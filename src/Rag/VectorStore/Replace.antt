-- ===== src/Rag/VectorStore/Replace.antt =====
-- What a replacement of a document's points does at the store.
use be25_fin_thanos_meetbowl.Prelude.{
  ℕ, ◌≡◌, refl, ◌≢◌, inl, inr, false, some, arith, Bool-cases, Eq, ◌==◌, nat_eq, list_eq, option_eq,
  pair_eq, beq_sound, null,
}
use be25_fin_thanos_meetbowl.Text.{Text, codes}
use be25_fin_thanos_meetbowl.Errors.{
  document_index_failed_error, AiError, Raises, returned, raised, ai,
}
use be25_fin_thanos_meetbowl.Rag.VectorStore.{
  get_collection, delete_points, upsert_points, Response, Client, ReplaceDocumentRequest, Store,
  next, request, create_or_check, ensure_payload_indexes, ensure_collection, delete_document_points,
  upsert_document_points, replace_document, filtered_payload_fields,
}

different {ℓ} : {A : Type ℓ} ⦃e : Eq A⦄ (a b : A) → a ≢ b → (a == b) ≡ false
different a b h = elim (Bool-cases (a == b)) [
  | inl same ↦ absurd (h (beq_sound a b same))
  | inr other ↦ other
]

module _ (http : Client) where
  open http use {State, send}

  -- Inversion of a chain that returns.
  next-returned {ℓ κ} :
      {A : Type ℓ} {B : Type κ} (m : Raises A × Store http)
      (f : A → Store http → Raises B × Store http) {b : B} {s : Store http}
      → next http m f ≡ (returned b, s)
      → (a : A) × (s₁ : Store http) × (m ≡ (returned a, s₁)) × (f a s₁ ≡ (returned b, s))
  next-returned (returned a, s₁) f h = (a, s₁, refl, h)
  next-returned (raised x, s₁) f h = cc

  ensure_collection-returned :
      (size : ℕ) (s t : Store http)
      → ensure_collection http size s ≡ (returned tt, t)
      → t.ensured_dimensions ≡ some size
  unfolding ensure_collection
  ensure_collection-returned size s t h = elim (Bool-cases (s.ensured_dimensions == some size)) [
    | inl same ↦
        let known : s.ensured_dimensions ≡ some size =
          beq_sound s.ensured_dimensions (some size) same in
        cc (rw same at h)
    | inr other ↦
        let (response, s₁, _, h₁) =
          next-returned (request http get_collection false s) _ (rw other at h) in
        let (_, s₂, _, h₂) = next-returned (create_or_check http size response s₁) _ h₁ in
        let (_, s₃, _, h₃) =
          next-returned (ensure_payload_indexes http filtered_payload_fields s₂) _ h₂ in
        cc
  ]

  deleted_ok :
      (id : Text) (s t : Store http)
      → delete_document_points http id s ≡ (returned tt, t)
      → (response : Response) × ((send (delete_points id) s.client).0 ≡ some response)
        × (response.status_code ≡ 200)
        × (t ≡ record s { client = (send (delete_points id) s.client).1 })
  unfolding delete_document_points
  deleted_ok id s t h = ground arith

  written_ok :
      (r : ReplaceDocumentRequest) (s t : Store http)
      → upsert_document_points http r s ≡ (returned tt, t)
      → (response : Response) × ((send (upsert_points r.document_id r.points) s.client).0
          ≡ some response)
        × (response.status_code ≡ 200)
        × (t ≡ record s { client = (send (upsert_points r.document_id r.points) s.client).1 })
  unfolding upsert_document_points
  written_ok r s t h = ground arith

  -- A replacement that returns has, with a collection whose dimension is known to fit, first deleted
  -- the document's points and then written the new ones, and the server has answered 200 to both;
  -- nothing is sent after that. The new points are never empty.
  pub replace_returned :
      (r : ReplaceDocumentRequest) (s t : Store http)
      → replace_document http r s ≡ (returned tt, t)
      → (null r.points ≡ false)
        × (s₁ : Store http) × (ensure_collection http r.vector_size s ≡ (returned tt, s₁))
        × (s₁.ensured_dimensions ≡ some r.vector_size)
        × (deleted : Response) × ((send (delete_points r.document_id) s₁.client).0 ≡ some deleted)
        × (deleted.status_code ≡ 200)
        × (written : Response) × ((send
              (upsert_points r.document_id r.points)
              (send (delete_points r.document_id) s₁.client).1).0
            ≡ some written)
        × (written.status_code ≡ 200)
        × (t ≡ record s₁ {
          client =
              (send
                (upsert_points r.document_id r.points)
                (send (delete_points r.document_id) s₁.client).1).1;
        })
  unfolding replace_document
  replace_returned r s t h = elim (Bool-cases (null r.points)) [
    | inl empty ↦ cc (rw empty at h)
    | inr full ↦
        let (_, s₁, e₁, h₁) =
          next-returned (ensure_collection http r.vector_size s) _ (rw full at h) in
        let (_, s₂, e₂, h₂) = next-returned (delete_document_points http r.document_id s₁) _ h₁ in
        let (deleted, d₁, d₂, d₃) = deleted_ok r.document_id s₁ s₂ e₂ in
        let (written, w₁, w₂, w₃) = written_ok r s₂ t h₂ in
        (
          full,
          s₁,
          e₁,
          ensure_collection-returned r.vector_size s s₁ e₁,
          deleted,
          d₁,
          d₂,
          written,
          cc,
          w₂,
          cc,
        )
  ]

  get_ok :
      (s : Store http) (response : Response)
      → (send get_collection s.client).0 ≡ some response
      → response.status_code ≡ 200
      → request http get_collection false s
        ≡ (returned response, record s { client = (send get_collection s.client).1 })
  unfolding request
  get_ok s response answered ok = ground arith

  abbrev mismatch : Text
  mismatch = codes "Qdrant collection vector dimension이 현재 설정과 다릅니다."

  check_mismatch :
      (size current : ℕ) (response : Response) (s : Store http)
      → response.status_code ≡ 200
      → response.dense_size ≡ some current
      → current ≢ size
      → create_or_check http size response s
        ≡ (raised (ai (document_index_failed_error mismatch false)), s)
  unfolding create_or_check
  check_mismatch size current response s ok found differs = rw (ok, found) (ground arith)

  -- If the collection exists with another dimension, the replacement fails with an error that is not
  -- retried, and the only request that was sent is the one for the collection: nothing is deleted.
  pub replace_mismatch :
      (r : ReplaceDocumentRequest) (s : Store http) (response : Response) (size : ℕ)
      → null r.points ≡ false
      → s.ensured_dimensions ≢ some r.vector_size
      → (send get_collection s.client).0 ≡ some response
      → response.status_code ≡ 200
      → response.dense_size ≡ some size
      → size ≢ r.vector_size
      → (error : AiError) × (replace_document http r s
          ≡ (raised (ai error), record s { client = (send get_collection s.client).1 }))
        × (error.retryable ≡ false)
  unfolding replace_document
  replace_mismatch r s response size full unknown answered ok found differs = (
    document_index_failed_error mismatch false,
    rw
        (
          full,
          different (s.ensured_dimensions) (some r.vector_size) unknown,
          get_ok s response answered ok,
          check_mismatch r.vector_size size response
              (record s { client = (send get_collection s.client).1 }) ok found differs,
        )
        refl,
    refl,
  )
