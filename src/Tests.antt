-- ===== src/Tests.antt =====
-- Concrete inputs for the theorems.
mod Access
mod Chat
mod Events
mod Feedback
mod Indexing
mod Listing
mod Pipelines
mod Rag
mod Redis
mod Reminder
mod Sparse
mod Workflows
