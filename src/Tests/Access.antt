-- ===== src/Tests/Access.antt =====
-- A search engine that reads filters as documented, and a user of one workspace.
use be25_fin_thanos_meetbowl.Prelude.{
  ◌≡◌, refl, Bool, ◌&&◌, ◌||◌, none, List, [], ◌∷◌, nat_eq, list_eq, ◌==◌, null, all, if◌then◌else◌,
}
use be25_fin_thanos_meetbowl.Text.{Text, codes}
use be25_fin_thanos_meetbowl.Schemas.Chat.{ChatCommand}
use be25_fin_thanos_meetbowl.Rag.AccessFilter.{
  Match, Clause, should, matches, build_chat_access_filter,
}
use be25_fin_thanos_meetbowl.Rag.AccessFilter.Readable.{
  Engine, overlaps, any_match, can_read, chat_filter_lem,
}

abbrev passes : (Text → List Text) → Match → Bool
passes p m = overlaps (p m.key) m.values

abbrev clause_holds : Clause → (Text → List Text) → Bool
clause_holds (matches m) p = passes p m
clause_holds (should ms) p = any_match (passes p) ms

abbrev pub engine : Engine
engine = record {
  Point = Text → List Text;
  values = λ p key. p key;
  holds = clause_holds;
  accepts = λ f p. all (λ c. clause_holds c p) f.must;
  holds-matches = λ m p. refl;
  holds-should = λ ms p. refl;
  accepts-must = λ f p. refl;
}

abbrev pub question : ChatCommand
question = record {
  request_id = 1;
  correlation_id = 2;
  user_id = 3;
  organization_id = none;
  question = codes "what was decided?";
  message_history = [];
  shared_workspace_ids = 4 ∷ [];
}

-- A file of workspace 4 that another user owns.
abbrev pub point : Text → List Text
point key =
    if key == codes "workspaceId"
    then (4 ∷ []) ∷ []
    else if key == codes "sourceType"
    then codes "MINUTES" ∷ []
    else (9 ∷ []) ∷ []

chat_filter_lem_example :
    engine.accepts (build_chat_access_filter (λ n. n ∷ []) question (codes "MINUTES" ∷ [])) point
    ≡ (can_read engine (λ n. n ∷ []) question point
        && (null (codes "MINUTES" ∷ [])
            || overlaps (point (codes "sourceType")) (codes "MINUTES" ∷ [])))
chat_filter_lem_example = chat_filter_lem engine (λ n. n ∷ []) question (codes "MINUTES" ∷ []) point
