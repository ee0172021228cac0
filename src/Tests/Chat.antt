-- ===== src/Tests/Chat.antt =====
-- Chat sources of two documents, an agent that is overloaded once, and a small cache.
use be25_fin_thanos_meetbowl.Rag.Merging.Known.{ids}
use be25_fin_thanos_meetbowl.Prelude.{
  ℕ, suc, ◌≤◌, ◌≡◌, refl, true, false, none, some, List, [], ◌∷◌, arith, nat_beq, if◌then◌else◌,
  nat_eq, list_eq, option_eq, pair_eq, contains, Distinct, length, All,
}
use be25_fin_thanos_meetbowl.Text.{Text, codes, join, strip, splitlines}
use be25_fin_thanos_meetbowl.Errors.{returned}
use be25_fin_thanos_meetbowl.Schemas.{Uuid}
use be25_fin_thanos_meetbowl.Schemas.Chat.{ChatSource, ChatResult, GeneratedChatAnswer, minutes}
use be25_fin_thanos_meetbowl.Rag.Merging.{gather, merge_ranked, rerank}
use be25_fin_thanos_meetbowl.Rag.Merging.Results.{
  IsShort, AreSources, all_ids, rerank-AreSources, merge_ranked-AreSources,
}
use be25_fin_thanos_meetbowl.Providers.Citations.{
  accumulate_sources, format_with_citation_numbers, select_cited_sources,
}
use be25_fin_thanos_meetbowl.Providers.Citations.Shown.{AreNumbered, format-AreNumbered}
use be25_fin_thanos_meetbowl.Providers.Citations.Cited.{select_cited-Distinct}
use be25_fin_thanos_meetbowl.Providers.AnswerFormat.{Patterns, normalize_answer_format}
use be25_fin_thanos_meetbowl.Providers.Chat.{
  model_http_error, output, failed, Agent, is_retryable_overload, accumulate_batches, State,
  run_with_retry, start, answer,
}
use be25_fin_thanos_meetbowl.Providers.Chat.Retry.{calm, overload, run_with_retry-settled}
use be25_fin_thanos_meetbowl.Providers.Chat.Answer.{IsCited, answer-IsCited}
use be25_fin_thanos_meetbowl.Providers.SinglePass
use be25_fin_thanos_meetbowl.Providers.SinglePass.{search_queries_of}
use be25_fin_thanos_meetbowl.Cache.{Cache, entry_of, expired, get_or_compute}
use be25_fin_thanos_meetbowl.Cache.Kept.{IsKept, get_or_compute-IsKept, get_or_compute-remembers}
use be25_fin_thanos_meetbowl.Providers.SinglePass.Answered.{IsSourced, answer-IsSourced}
use be25_fin_thanos_meetbowl.Tests.Access.{question}

-- A hit in a document.
abbrev hit : Uuid → Text → ℕ → ChatSource
hit resource_id snippet score = record {
  type = minutes;
  resource_id = resource_id;
  title = codes "title";
  snippet = snippet;
  score = score;
}

abbrev hits : List ChatSource
hits = hit 1 (codes "a") 5 ∷ hit 2 (codes "b") 9 ∷ hit 1 (codes "c") 7 ∷ []

hits_within : All IsShort hits
hits_within = (omega arith, (omega arith, (omega arith, tt)))

rerank-AreSources_example :
    (result : List ChatSource) × (rerank 6 hits 1 ≡ returned result)
    × AreSources 1 6 (ids hits) result
rerank-AreSources_example = rerank-AreSources 6 hits 1 hits_within

merge_ranked-AreSources_example :
    (result : List ChatSource) × (merge_ranked 2 (hits ∷ hits ∷ []) ≡ returned result)
    × AreSources 2 0 (all_ids (hits ∷ hits ∷ [])) result
merge_ranked-AreSources_example =
    merge_ranked-AreSources 2 (hits ∷ hits ∷ []) (hits_within, (hits_within, tt))

abbrev known : List ChatSource
known = hit 2 (codes "b") 9 ∷ []

format-AreNumbered_example :
    (texts : List Text) × (format_with_citation_numbers (accumulate_sources known hits) hits
      ≡ returned (join (codes "\n\n") texts))
    × AreNumbered (accumulate_sources known hits) hits texts
format-AreNumbered_example = format-AreNumbered known hits (refl, tt)

abbrev listed : List ChatSource
listed = hit 2 (codes "b") 9 ∷ hit 1 (codes "a") 5 ∷ []

select_cited-Distinct_example :
    (contains 1 (ids (select_cited_sources listed (2 ∷ 7 ∷ 2 ∷ []))) ≡ true)
    × Distinct (ids (select_cited_sources listed (2 ∷ 7 ∷ 2 ∷ [])))
select_cited-Distinct_example =
    select_cited-Distinct listed (2 ∷ 7 ∷ 2 ∷ []) 1 (hit 1 (codes "a") 5) (refl, (refl, tt)) refl

abbrev generated : GeneratedChatAnswer
generated = record { answer = codes "yes"; cited_indices = 2 ∷ [] }

-- Overloaded while its state is 0.
abbrev agent : Agent
agent = record {
  World = ℕ;
  run = λ question history world. (
    record {
      batches = hits ∷ [];
      outcome = if nat_beq world 0 then failed (model_http_error 503) else output generated;
    },
    suc world,
  );
}

abbrev patterns : Patterns
patterns = record {
  remove_markers = λ t. t;
  tighten_punctuation = λ t. t;
  squeeze_blanks = λ t. t;
  is_heading = λ t. false;
  has_tag = λ t. false;
  feed = λ t. [];
  unescape = λ t. t;
  trim_line_ends = λ t. t;
  trim_line_starts = λ t. t;
  squeeze_lines = λ t. t;
  split_sentences = λ t. t ∷ [];
}

run_with_retry-settled_example :
    (s : State agent) × (run_with_retry agent 2 question (start agent 0) ≡ (returned generated, s))
    × (s.retrieved_sources ≡ accumulate_batches [] (hits ∷ []))
    × (length s.waits ≡ 1)
unfolding is_retryable_overload
run_with_retry-settled_example =
    run_with_retry-settled agent 2 1 question 0 1 (overload refl calm) (omega arith) refl

abbrev answered : ChatResult
answered = record {
  answer = codes "yes";
  sources = hit 1 (codes "a") 5 ∷ [];
  model = codes "m";
  prompt_version = codes "v";
}

abbrev after_answer : State agent
after_answer = record {
  world = 2;
  retrieved_sources = hit 1 (codes "a") 5 ∷ hit 2 (codes "b") 9 ∷ [];
  waits = 1 ∷ [];
}

abbrev cited : ChatResult
cited = record answered { sources = hit 2 (codes "b") 9 ∷ [] }

runs : answer agent patterns (codes "m") (codes "v") 2 question 0 ≡ (returned cited, after_answer)
unfolding answer strip splitlines
runs = refl

answer-IsCited_example : IsCited agent patterns question cited × (1 ≤ 2)
answer-IsCited_example =
    answer-IsCited agent patterns (codes "m") (codes "v") 2 question 0 cited after_answer runs

abbrev single_pass : SinglePass.Ports
single_pass = record {
  retrieval = record {
    Vector = ℕ;
    embed = λ query. returned 0;
    search = λ vector query. returned hits;
    rerank_sources = λ query sources top_n. returned sources;
  };
  expand = none;
  generate_structured = λ documents query. returned (generated, codes "m");
  patterns = patterns;
  model_name = codes "m";
  prompt_version = codes "v";
  top_n = 2;
}

answer-IsSourced_example :
    (result : ChatResult) × (found : List ChatSource) × (SinglePass.answer single_pass question
      ≡ returned result)
    × AreSources 2 0 (all_ids (hits ∷ [])) found
    × IsSourced single_pass question found result
unfolding gather search_queries_of normalize_answer_format strip splitlines
answer-IsSourced_example =
    answer-IsSourced single_pass question (question.question ∷ []) (hits ∷ [])
      (omega arith, (omega arith, omega arith), (omega arith, omega arith)) refl refl
      (hits_within, tt)
      (λ documents.
        ((generated, codes "m"), refl, (omega arith, omega arith), (omega arith, omega arith)))

abbrev full : Cache ℕ
full = record { store = (codes "a", (1, 5)) ∷ []; key_locks = codes "a" ∷ [] }

get_or_compute-IsKept_example :
    IsKept 1 (get_or_compute 1 none (codes "b") 2 3 4 (returned 6) full).1
get_or_compute-IsKept_example =
    get_or_compute-IsKept 1 none (codes "b") 2 3 4 (returned 6) full
      (record { bounded = omega arith; distinct = (refl, tt) })

get_or_compute-remembers_example :
    ((get_or_compute 1 (some 9) (codes "b") 2 3 4 (returned 6) full).0 ≡ returned 6)
    × ((get_or_compute 1
          (some 9)
          (codes "b")
          7
          8
          9
          (returned 0)
          (get_or_compute 1 (some 9) (codes "b") 2 3 4 (returned 6) full).1).0
        ≡ returned 6)
unfolding entry_of expired
get_or_compute-remembers_example =
    get_or_compute-remembers 1 (some 9) (codes "b") 2 3 4 7 8 9 6 (returned 0) full (omega arith)
      refl refl
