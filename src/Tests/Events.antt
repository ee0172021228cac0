-- ===== src/Tests/Events.antt =====
-- The consumers of app/events/rabbit.py and the trackers on concrete events.
use be25_fin_thanos_meetbowl.Prelude.{
  ℕ, suc, ◌+◌, ◌-◌, ◌*◌, ◌≤◌, min, ◌≡◌, refl, none, some, [], ◌∷◌, arith, nat_eq, list_eq,
  option_eq, pair_eq, length,
}
use be25_fin_thanos_meetbowl.Prelude.Dict.{lookup}
use be25_fin_thanos_meetbowl.Text.{Text}
use be25_fin_thanos_meetbowl.Errors.{returned, raised, other}
use be25_fin_thanos_meetbowl.Schemas.Minutes.{
  MinutesGenerationCommand, MinutesGenerationResult, end,
}
use be25_fin_thanos_meetbowl.Schemas.Events.{EventEnvelope, MeetingEndedPayload}
use be25_fin_thanos_meetbowl.Events.Tracker.{fresh, in_memory}
use be25_fin_thanos_meetbowl.Events.Tracker as Memory
use be25_fin_thanos_meetbowl.Events.Mapper.{
  Codec, command_from_event, meeting_ended, document_index_removed,
}
use be25_fin_thanos_meetbowl.Events.Effect.{acked, SettlesOnce}
use be25_fin_thanos_meetbowl.Events.Minutes.{
  RetryPolicy, Attempt, run_command, process, retry_delay,
}
use be25_fin_thanos_meetbowl.Events.Minutes.Delivery.{
  process-SettlesOnce, process_all, redelivery_is_acked,
}
use be25_fin_thanos_meetbowl.Events.Minutes.Retries.{deliver, deliver_bound}
use be25_fin_thanos_meetbowl.Events.Minutes.Delay.{retry_delay_lem}
use be25_fin_thanos_meetbowl.Events.Documents.{process_index, process_removal}
use be25_fin_thanos_meetbowl.Events.Documents.Delivery.{IsSettled, process_documents-IsSettled}

-- Every payload is the same meeting; a payload is written as a number.
abbrev meeting : MeetingEndedPayload
meeting = record {
  meeting_id = 1;
  organization_id = 2;
  host_user_id = 3;
  reviewer_user_id = 4;
  title = [];
  started_at = 0;
  ended_at = 1;
}

abbrev pub codec : Codec
codec = record {
  Json = ℕ;
  meeting_ended_payload = λ n. some meeting;
  generation_requested_payload = λ n. none;
  index_requested_payload = λ n. none;
  index_removed_payload = λ n. some (record { document_id = n });
  dump = λ payload. payload.meeting_id;
  uuid_text = λ n. n ∷ [];
  uuid5 = length;
}

abbrev pub envelope : Text → EventEnvelope ℕ
envelope event_type = record {
  event_id = 9;
  event_type = event_type;
  occurred_at = 0;
  producer = [];
  correlation_id = 5;
  payload = 7;
}

abbrev result : MinutesGenerationCommand → MinutesGenerationResult
result command = record {
  meeting_id = command.meeting_id;
  organization_id = command.organization_id;
  reviewer_user_id = command.reviewer_user_id;
  minutes_draft = record { summary = []; agenda_items = []; decisions = []; action_items = [] };
  editor_content = end;
  model = [];
  prompt_version = [];
  generated_at = 0;
}

abbrev works : Attempt ℕ
works = record {
  execute = λ command. returned (result command);
  publish = λ event. returned tt;
  now = 6;
}

abbrev fails : Attempt ℕ
fails = record { execute = λ command. raised (other []); publish = λ event. returned tt; now = 6 }

abbrev policy : RetryPolicy
policy = record { max_retries = 3; retry_delay_base = 5000; retry_delay_max = 60000 }

redelivery_is_acked_example :
    let s' =
      process_all codec in_memory policy
        ((fails, none) ∷ [])
        (process codec in_memory policy works (some (envelope meeting_ended)) fresh).0 in
    process codec in_memory policy fails (some (envelope meeting_ended)) s' ≡ (s', acked ∷ [])
unfolding run_command command_from_event
redelivery_is_acked_example =
    redelivery_is_acked codec in_memory policy works (envelope meeting_ended) fresh
      ((fails, none) ∷ []) fails (envelope meeting_ended) refl refl

deliver_bound_example :
    (m : ℕ) × (s' : Memory.InMemory) × (deliver codec in_memory policy 5 0
        (λ n. fails)
        (envelope meeting_ended)
        fresh
      ≡ some (m, s'))
    × (m ≤ 0 + (3 - Memory.retries 9 fresh) + 1)
unfolding Memory.retries lookup
deliver_bound_example =
    deliver_bound codec in_memory policy 5 0 (λ n. fails) (envelope meeting_ended) fresh
      (omega arith) (omega arith)

process-SettlesOnce_example :
    SettlesOnce (process codec in_memory policy fails (some (envelope meeting_ended)) fresh).1
process-SettlesOnce_example =
    process-SettlesOnce codec in_memory policy fails (some (envelope meeting_ended)) fresh

retry_delay_lem_example :
    (retry_delay policy 3 ≤ 60000)
    × (retry_delay policy 1 ≡ min 5000 60000)
    × (retry_delay policy (suc (suc 3)) ≡ min (2 * retry_delay policy (suc 3)) 60000)
    × (retry_delay policy (suc 3) ≤ retry_delay policy (suc (suc 3)))
retry_delay_lem_example = retry_delay_lem policy 3

process_documents-IsSettled_example :
    IsSettled codec in_memory 3 9 (
      process_index codec in_memory 3
        (λ command. raised (other []))
        (some (envelope document_index_removed))
        fresh)
    × IsSettled codec in_memory 3 9 (
        process_removal codec in_memory 3
          (λ id. returned tt)
          (some (envelope document_index_removed))
          fresh)
process_documents-IsSettled_example =
    process_documents-IsSettled codec in_memory 3 (λ command. raised (other [])) (λ id. returned tt)
      (envelope document_index_removed) fresh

Work order =>
Answer with nothing but the count of lines in the entries that hold the word "MinutesGenerationResult".

Answer to the exercise =>
2